3- There is no basis for entertaining the plea that the claim is time barred under Article 555 of the Civil Transactions Code since the claim seeks recovery of the amount paid to the insured.
4- An existing defect within the meaning of Article 547 of the Civil Transactions Code is a defect which is present when the goods are delivered to the buyer or a defect that can be traced to an old problem that occurs or appears after the sale.
5- Plaintiff (insurer) has not produced any proof of the defect which caused the electrical short circuit that ignited the vehicle fire – whether it was a pre-existing defect in the vehicle that was introduced during manufacture or a defect that existed prior to purchase.
6- A defect existing in the sold item prior to sale cannot be assumed and must be proved. Plaintiff (insurer) has not proven that the defect is a manufacturing defect or had existed in the vehicle prior to the sale. The seller cannot therefore be held liable for its value.
Opinion:
Subrogation commonly arises in relation to motor vehicle purchase contracts and policies of insurance.
Spontaneous accidents involving vehicles, machinery etc. are common types of claims.

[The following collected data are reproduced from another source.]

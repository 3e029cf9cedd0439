-- ===== src/Transfers/Review.antt =====
-- An event of a provider that cannot be posted and waits for a person
-- (`recordProviderEventReview` of corebanking/sql_transfer_repository.go).
use lenz.Prelude.{ℕ, String, Bool, true, false, Option, none, some, not, ◌||◌, ◌==◌, if◌then◌else◌}
use lenz.Prelude.Int.{pos, leb_ℤ}
use lenz.Prelude.Text.{trim_space, to_upper}
use lenz.Model.{
  LedgerStatus, ReconciliationStatus, normalize_status, normalize_direction, is_empty_direction,
  is_blank, Account, Transfer, RecordTransferInput, RecordProviderEventReviewInput, Error,
}
use lenz.Tx.{Store, Result, Tx, pure, gets, fail_if, if_found, new_id, with_tx, ◌>>=◌, ◌>>◌}
use lenz.Fingerprint.{transfer_request_fingerprint_matches}
use lenz.Audit.{AuditEventInput}
use lenz.Audit.Sanitize.{put}
use lenz.Audit.Transfers.{audit_if, external_inbound_transfer_audit_input}
use lenz.Accounts.{lock_account_balance}
use lenz.ProviderEvents.{optional, reserve, link_transfer, payload_matches, get_transfer_of_event}
use lenz.Transfers.{
  get_transfer_by_idempotency, insert_transfer, narration_or, unlisted_status,
  unlisted_provider_status,
}
use lenz.Transfers.Replay.{accept_replay, existing_provider_event_transfer}

abbrev trimmed_review : RecordProviderEventReviewInput → RecordProviderEventReviewInput
trimmed_review input =
    let status = normalize_status input.status in
    let provider_status = normalize_status input.provider_status in
    record {
      institution_id = trim_space input.institution_id;
      account_id = trim_space input.account_id;
      direction = normalize_direction input.direction;
      status = status;
      provider_status = if is_blank provider_status then status else provider_status;
      amount_minor = input.amount_minor;
      currency_id = to_upper (trim_space input.currency_id);
      idempotency_key = trim_space input.idempotency_key;
      provider = trim_space input.provider;
      provider_reference = trim_space input.provider_reference;
      provider_event_id = trim_space input.provider_event_id;
      request_fingerprint = trim_space input.request_fingerprint;
      failure_reason = trim_space input.failure_reason;
      narration = narration_or input.narration "Provider event manual review";
      reserve_provider_event = input.reserve_provider_event;
    }

abbrev is_incomplete_review : RecordProviderEventReviewInput → Bool
is_incomplete_review input =
    input.institution_id == ""
    || input.account_id == ""
    || is_empty_direction input.direction
    || leb_ℤ input.amount_minor (pos 0)
    || not (input.currency_id == "NGN")
    || input.idempotency_key == ""
    || input.provider == ""
    || input.provider_event_id == ""
    || input.provider_reference == ""
    || input.request_fingerprint == ""
    || unlisted_status input.status
    || unlisted_provider_status input.provider_status

-- `normalizeProviderEventReviewInput`
unfoldable pub normalize_provider_event_review_input :
    RecordProviderEventReviewInput → Tx RecordProviderEventReviewInput
normalize_provider_event_review_input input = do
  fail_if (is_incomplete_review (trimmed_review input)) Error.invalid_request
  pure (trimmed_review input)

-- `providerReviewRecordTransferInput`
abbrev pub provider_review_record_transfer_input :
    RecordProviderEventReviewInput → RecordTransferInput
provider_review_record_transfer_input input = record {
  institution_id = input.institution_id;
  account_id = input.account_id;
  clearing_account_id = "";
  direction = input.direction;
  status = input.status;
  amount_minor = input.amount_minor;
  currency_id = input.currency_id;
  idempotency_key = input.idempotency_key;
  provider = input.provider;
  provider_reference = input.provider_reference;
  provider_event_id = input.provider_event_id;
  provider_status = input.provider_status;
  reversal_of_transfer_id = "";
  request_fingerprint = input.request_fingerprint;
  failure_reason = input.failure_reason;
  narration = input.narration;
  reject_insufficient = false;
  require_available = false;
}

abbrev review_action : RecordProviderEventReviewInput → AuditEventInput → AuditEventInput
review_action input event = record event {
  action = "external_inbound.manual_review";
  metadata =
      if input.failure_reason == ""
      then event.metadata
      else put "review_reason" input.failure_reason event.metadata;
}

abbrev review_audit_input :
    RecordProviderEventReviewInput → Option AuditEventInput → Option AuditEventInput
review_audit_input input none = none
review_audit_input input (some event) = some (review_action input event)

-- `auditExternalInboundReview`
unfoldable pub audit_external_inbound_review :
    RecordProviderEventReviewInput → Transfer → Account → Tx (Unit {0})
unfolding audit_if external_inbound_transfer_audit_input
audit_external_inbound_review input transfer account = audit_if (
    review_audit_input input
      (external_inbound_transfer_audit_input transfer account input.failure_reason))

-- The row of a transfer that waits for a review: nothing is posted for it.
abbrev pub review_transfer : RecordProviderEventReviewInput → String → ℕ → Transfer
review_transfer input id now = record {
  id = id;
  institution_id = input.institution_id;
  account_id = input.account_id;
  direction = input.direction;
  status = input.status;
  provider_status = input.provider_status;
  ledger_status = LedgerStatus.no_posting;
  reconciliation_status = ReconciliationStatus.manual_review;
  amount_minor = input.amount_minor;
  currency_id = input.currency_id;
  idempotency_key = input.idempotency_key;
  provider = input.provider;
  provider_reference = input.provider_reference;
  provider_event_id = some input.provider_event_id;
  journal_entry_id = none;
  reversal_of_transfer_id = none;
  request_fingerprint = input.request_fingerprint;
  failure_reason = optional input.failure_reason;
  narration = input.narration;
  created_at = now;
  updated_at = now;
  review_status = none;
  review_note = none;
  reviewed_at = none;
  reviewed_by = none;
}

-- The writes for a new transfer that waits for a review.
unfoldable pub write_review_transfer : RecordProviderEventReviewInput → Account → ℕ → Tx Transfer
unfolding audit_external_inbound_review
write_review_transfer input account now = do
  id ← new_id
  let transfer = review_transfer input id now
  insert_transfer transfer
  if input.reserve_provider_event
      then link_transfer transfer.id input.institution_id input.provider input.provider_event_id
      else pure tt
  audit_external_inbound_review input transfer account
  pure transfer

-- The part from the lock on: an event that was not seen before.
unfoldable pub record_new_review : RecordProviderEventReviewInput → Tx Transfer
unfolding write_review_transfer
record_new_review input = do
  locked ← lock_account_balance input.institution_id input.account_id
  now ← gets (λ s. s.env.now)
  let event_input = provider_review_record_transfer_input input
  inserted ← if input.reserve_provider_event then reserve event_input "" now else pure true
  if inserted
      then write_review_transfer input locked.account now
      else existing_provider_event_transfer event_input input.request_fingerprint

-- The transfer of the same event, or of the same key.
unfoldable pub find_review_of_event : RecordProviderEventReviewInput → Tx (Option Transfer)
unfolding accept_replay
find_review_of_event input = do
  existing ← get_transfer_of_event input.institution_id input.provider input.provider_event_id
  if_found existing
      (λ transfer.
        payload_matches (provider_review_record_transfer_input input) input.request_fingerprint
        >>= λ same. accept_replay same transfer)
      (pure none)

unfoldable pub find_review_by_key : RecordProviderEventReviewInput → Tx (Option Transfer)
unfolding accept_replay
find_review_by_key input = do
  existing ← get_transfer_by_idempotency input.institution_id input.idempotency_key
  if_found existing
      (λ transfer.
        accept_replay (transfer_request_fingerprint_matches transfer input.request_fingerprint)
          transfer)
      (pure none)

-- `recordProviderEventReview`
unfoldable pub record_provider_event_review : RecordProviderEventReviewInput → Tx Transfer
unfolding normalize_provider_event_review_input find_review_of_event find_review_by_key
    record_new_review
record_provider_event_review given = do
  input ← normalize_provider_event_review_input given
  seen ← if input.reserve_provider_event then find_review_of_event input else pure none
  if_found seen pure
      (find_review_by_key input >>= λ keyed. if_found keyed pure (record_new_review input))

-- `RecordProviderEventReview`
unfoldable pub record_provider_event_review_in_tx :
    RecordProviderEventReviewInput → Store → Result Transfer × Store
unfolding record_provider_event_review with_tx
record_provider_event_review_in_tx input = with_tx (record_provider_event_review input)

Therefore, the Al Ain Court, which is part of the Abu Dhabi Judicial Department, has laid down important principles which burden the plaintiff with the onus of proving a pre-existing defect as follows:
1- That the vehicle suffered loss caused by fire due to a defect therein
2- That the defect is a pre-existing defect introduced during manufacture or existing in the vehicle prior to purchase
3- And the onus of proving a pre-existing defect is on Plaintiff whether the vehicle owner or the subrogee.